Но мiр ждет от поэта не интеллектуальных технологий, пусть даже несущих в себе самые глубокие содержания (как ждет он их от ученого), но иного. Я бы отважился определить это иное как некую неприневоленную стенограмму мыслей, страстей и внезапных образных чередований в потоке ритмически благоустроенной речи 77. Страсти и образы подчиняются языку и одухотворяются языком, а через язык — в законосообразностях и парадоксах языка — мыслью и самосознанием. И в этом смысле, как писал Бенедетто Кроче, поэзия синонимична человечности 78.
К самой себе — через собеседника — обращенная мысль — вот что образует суть тайного, но столь трудно понимаемого союза науки и поэзии. Но тайна эта чаще всего ускользает от самих же «научных» людей. Ученый, подобно детективу, должен искать процессы взаимных переходов и взаимных опосредований мысли, поэзия же, внешне исходя из навыков, образов и нестрогих ассоциаций обыденной речи, делает акцент на стремительное, на дискретное, по пушкинским словам — «глуповатое» 79. Акцент на неожиданное, нетривиальное, на удивление перед вечной новизной мiра в обманчивой случайности мысли и образа 80.
И коль скоро сам я, будучи человеком из ученой братии, в какой-то мере принадлежу и к диаспорному племени поэтов, то не могу не вспомнить одно из частных, но насущных для меня определений лирической поэзии, которое внезапно подарил мне в застольном разговоре саратовский историк Игорь Юрьевич Абакумов: лирическая поэзия есть, в некотором роде, историография понимания 81 . А ведь, действительно, это определение — в «десятку». Ибо весь круг научных социогуманитарных знаний можно было бы по аналогии назвать историографией объяснения 82.
И вот, на гранях двух частных определений — поэзии как историографии понимания и социогуманитарного знания как историографии объяснения — и строится весь наш краткий разговор о поэзии ученого-лингвиста Александра Юрьевича Милитарева. Ибо сама его жизнь строится на гранях этих двух больших и взаимно неразменных историографий: историографии объяснения (труды по исторической лингвистике — прежде всего афразийских, или семито-хамитских, языков — и по общим культурологическим проблемам истории еврейского народа 83) и историографии понимания (то бишь поэзии).

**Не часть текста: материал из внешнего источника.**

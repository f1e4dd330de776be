-- ===== src/Events/Safety.antt =====
-- What every message from a connection keeps, whatever it holds.
use null_key.Base.{ℕ, ◌≡◌, ◌≢◌, ◌⊎◌, inl, inr, refl, sym, ◌∙◌, some, arith, if◌then◌else◌}
use null_key.Value.{Value, truthy}
use null_key.Config.{Config}
use null_key.Protocol.{Payload, Body, fields, Env}
use null_key.Manager.Step.{Steps, Steps-trans, here, next, broadcasts}
use null_key.ReplayGuard.Window.{IsSeen}
use null_key.Relay.{Client, Relay, broadcast}
use null_key.Handler.{identify}
use null_key.Events.{
  Event, room_create, room_join, key_exchange, message_send, typing_starts, typing_stops,
  room_leave, invite_create, unknown, handle_event,
}
use null_key.Events.Actions.{
  Act, Acts, done, then_act, tells, closes, updates, calls, forwards, remembers, counts,
  Acts-send_error,
}
use null_key.Events.Actions
use null_key.Events.Handlers.{
  MayEnter, handle_room_create-Acts, handle_room_join-Acts, handle_key_exchange-Acts,
}
use null_key.Events.Messages.{
  handle_send_message-Acts, handle_invite_create-Acts, handle_typing_event-Acts,
  handle_room_leave-Acts,
}

-- The room of the connection before the event, or its room after it.
abbrev pub RoomOf : ℕ → Relay → Relay → Value → Type 0
RoomOf ws s t k = (k ≡ (s.clients ws).room_id) ⊎ (k ≡ (t.clients ws).room_id)

-- The fingerprint that a message offers with its token: `room:join` takes the payload's alone,
-- `room:create` falls back on the connection's.
abbrev pub presented : Event → Payload → Client → Value
presented room_join p c = p.sender_fingerprint
presented _ p c = if truthy p.sender_fingerprint then p.sender_fingerprint else c.fingerprint

-- The message is a `room:create` or a `room:join` for the room, which is new, or for which the
-- message holds a token that is good for the fingerprint that it offers.
abbrev pub MayJoin : ℕ → Event → Body → Relay → Value → Type 0
MayJoin ws e b s k =
    (p : Payload) × (b ≡ fields p)
    × (k ≡ p.room_id)
    × ((e ≡ room_create) ⊎ (e ≡ room_join))
    × MayEnter p (presented e p (s.clients ws)) s

fingerprint-identify :
    (ws : ℕ) (p : Payload) (s : Relay)
    → ((identify ws p s).clients ws).fingerprint ≡ presented room_create p (s.clients ws)
unfolding identify
fingerprint-identify ws p s = ground arith

manager-identify : (ws : ℕ) (p : Payload) (s : Relay) → (identify ws p s).manager ≡ s.manager
unfolding identify
manager-identify ws p s = refl

identified :
    (ws : ℕ) (p : Payload) (s : Relay)
    → MayEnter p ((identify ws p s).clients ws).fingerprint (identify ws p s)
    → MayEnter p (presented room_create p (s.clients ws)) s
identified ws p s h = rw (fingerprint-identify ws p s, manager-identify ws p s) at h

pub handle_event-Acts :
    (env : Env) (now ws : ℕ) (e : Event) (b : Body) (s : Relay)
    → Acts env.config ws
        (MayJoin ws e b s)
        (RoomOf ws s (handle_event env now ws e b s))
        s
        (handle_event env now ws e b s)
unfolding handle_event
handle_event-Acts env now ws room_create b s =
    handle_room_create-Acts env now ws _ _ b s (λ k h. inr (sym h))
      (λ p e h. (p, e, refl, inl refl, identified ws p s h))
handle_event-Acts env now ws room_join b s =
    handle_room_join-Acts env now ws _ _ b s (λ k h. inr (sym h))
      (λ p e h. (p, e, refl, inr refl, h))
handle_event-Acts env now ws key_exchange b s =
    handle_key_exchange-Acts env now ws _ _ b s (inl refl)
handle_event-Acts env now ws message_send b s =
    handle_send_message-Acts env now ws _ _ b s (inl refl)
handle_event-Acts env now ws typing_starts b s =
    handle_typing_event-Acts env now ws _ _ _ s (inl refl)
handle_event-Acts env now ws typing_stops b s =
    handle_typing_event-Acts env now ws _ _ _ s (inl refl)
handle_event-Acts env now ws room_leave b s = handle_room_leave-Acts env now ws _ _ s (inl refl)
handle_event-Acts env now ws invite_create b s = handle_invite_create-Acts env now ws _ _ b s
handle_event-Acts env now ws unknown b s = Acts-send_error done env.config _

module _ {cfg : Config} {ws : ℕ} {J K : Value → Type 0} where
  Act-Steps : {s t : Relay} → Act cfg ws J K s t → Steps cfg ws J s.manager t.manager
  unfolding broadcast
  Act-Steps (tells f) = here
  Act-Steps (closes code) = here
  Act-Steps (updates c) = here
  Act-Steps (calls m p) = next here p
  Act-Steps {s} (Actions.Act.broadcasts now k f h) = next here (broadcasts now k f (some ws) s.net)
  Act-Steps (forwards w k f h m) = here
  Act-Steps (remembers seen h) = here
  Act-Steps (counts buckets) = here

  pub Acts-Steps : {s t : Relay} → Acts cfg ws J K s t → Steps cfg ws J s.manager t.manager
  Acts-Steps done = here
  Acts-Steps (then_act p a) = Steps-trans (Acts-Steps p) (Act-Steps a)

  Act-clients : {s t : Relay} (w : ℕ) → w ≢ ws → Act cfg ws J K s t → t.clients w ≡ s.clients w
  unfolding broadcast
  Act-clients w d (tells f) = refl
  Act-clients w d (closes code) = refl
  Act-clients w d (updates c) = ground arith
  Act-clients w d (calls m p) = refl
  Act-clients w d (Actions.Act.broadcasts now k f h) = refl
  Act-clients w d (forwards v k f h m) = refl
  Act-clients w d (remembers seen h) = refl
  Act-clients w d (counts buckets) = refl

  pub Acts-clients :
      {s t : Relay} (w : ℕ) → w ≢ ws → Acts cfg ws J K s t → t.clients w ≡ s.clients w
  Acts-clients w d done = refl
  Acts-clients w d (then_act p a) = Act-clients w d a ∙ Acts-clients w d p

  Act-IsSeen : {s t : Relay} → Act cfg ws J K s t → IsSeen s.seen → IsSeen t.seen
  unfolding broadcast
  Act-IsSeen (tells f) v = v
  Act-IsSeen (closes code) v = v
  Act-IsSeen (updates c) v = v
  Act-IsSeen (calls m p) v = v
  Act-IsSeen (Actions.Act.broadcasts now k f h) v = v
  Act-IsSeen (forwards w k f h m) v = v
  Act-IsSeen (remembers seen h) v = h v
  Act-IsSeen (counts buckets) v = v

  pub Acts-IsSeen : {s t : Relay} → Acts cfg ws J K s t → IsSeen s.seen → IsSeen t.seen
  Acts-IsSeen done v = v
  Acts-IsSeen (then_act p a) v = Act-IsSeen a (Acts-IsSeen p v)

Сам научный дискурс Александра Милитарева, построенный на проблематике прорастания нашего-с-вами-языка, нашего-с-вами-мышления, нашей-с-вами-истории сквозь толщи пространств и времен, оказывается для него одним из главных источников поэтического вдохновения.
Через язык, через культуру исторической памяти, через решение исторических «головоломок» поэт осмысливает свою связь с животворящей и — одновременно — смертоносной преемственностью и динамикой времен:
Боинг курс спрямил на Канары,
вмерз я в кресло, не мертв, не жив.
Всё же я не такой уж старый —
не старее, чем Вечный Жид.
Тысячелетия истории человечества, тысячелетия истории поэзии, тысячелетия истории еврейства, годы и годы личной истории прессуются в те мгновения, когда из внешне случайных ассоциаций рождаются фрагменты поэтической речи:
И прободенный язвой бок,
и плоть, что над трубой дымилась, —
всё облачится в слог, как в милоть,
но речь простую слышит Бог.
Афористичность милитаревской музы — также несомненная дань востоковедным и историческим занятиям поэта.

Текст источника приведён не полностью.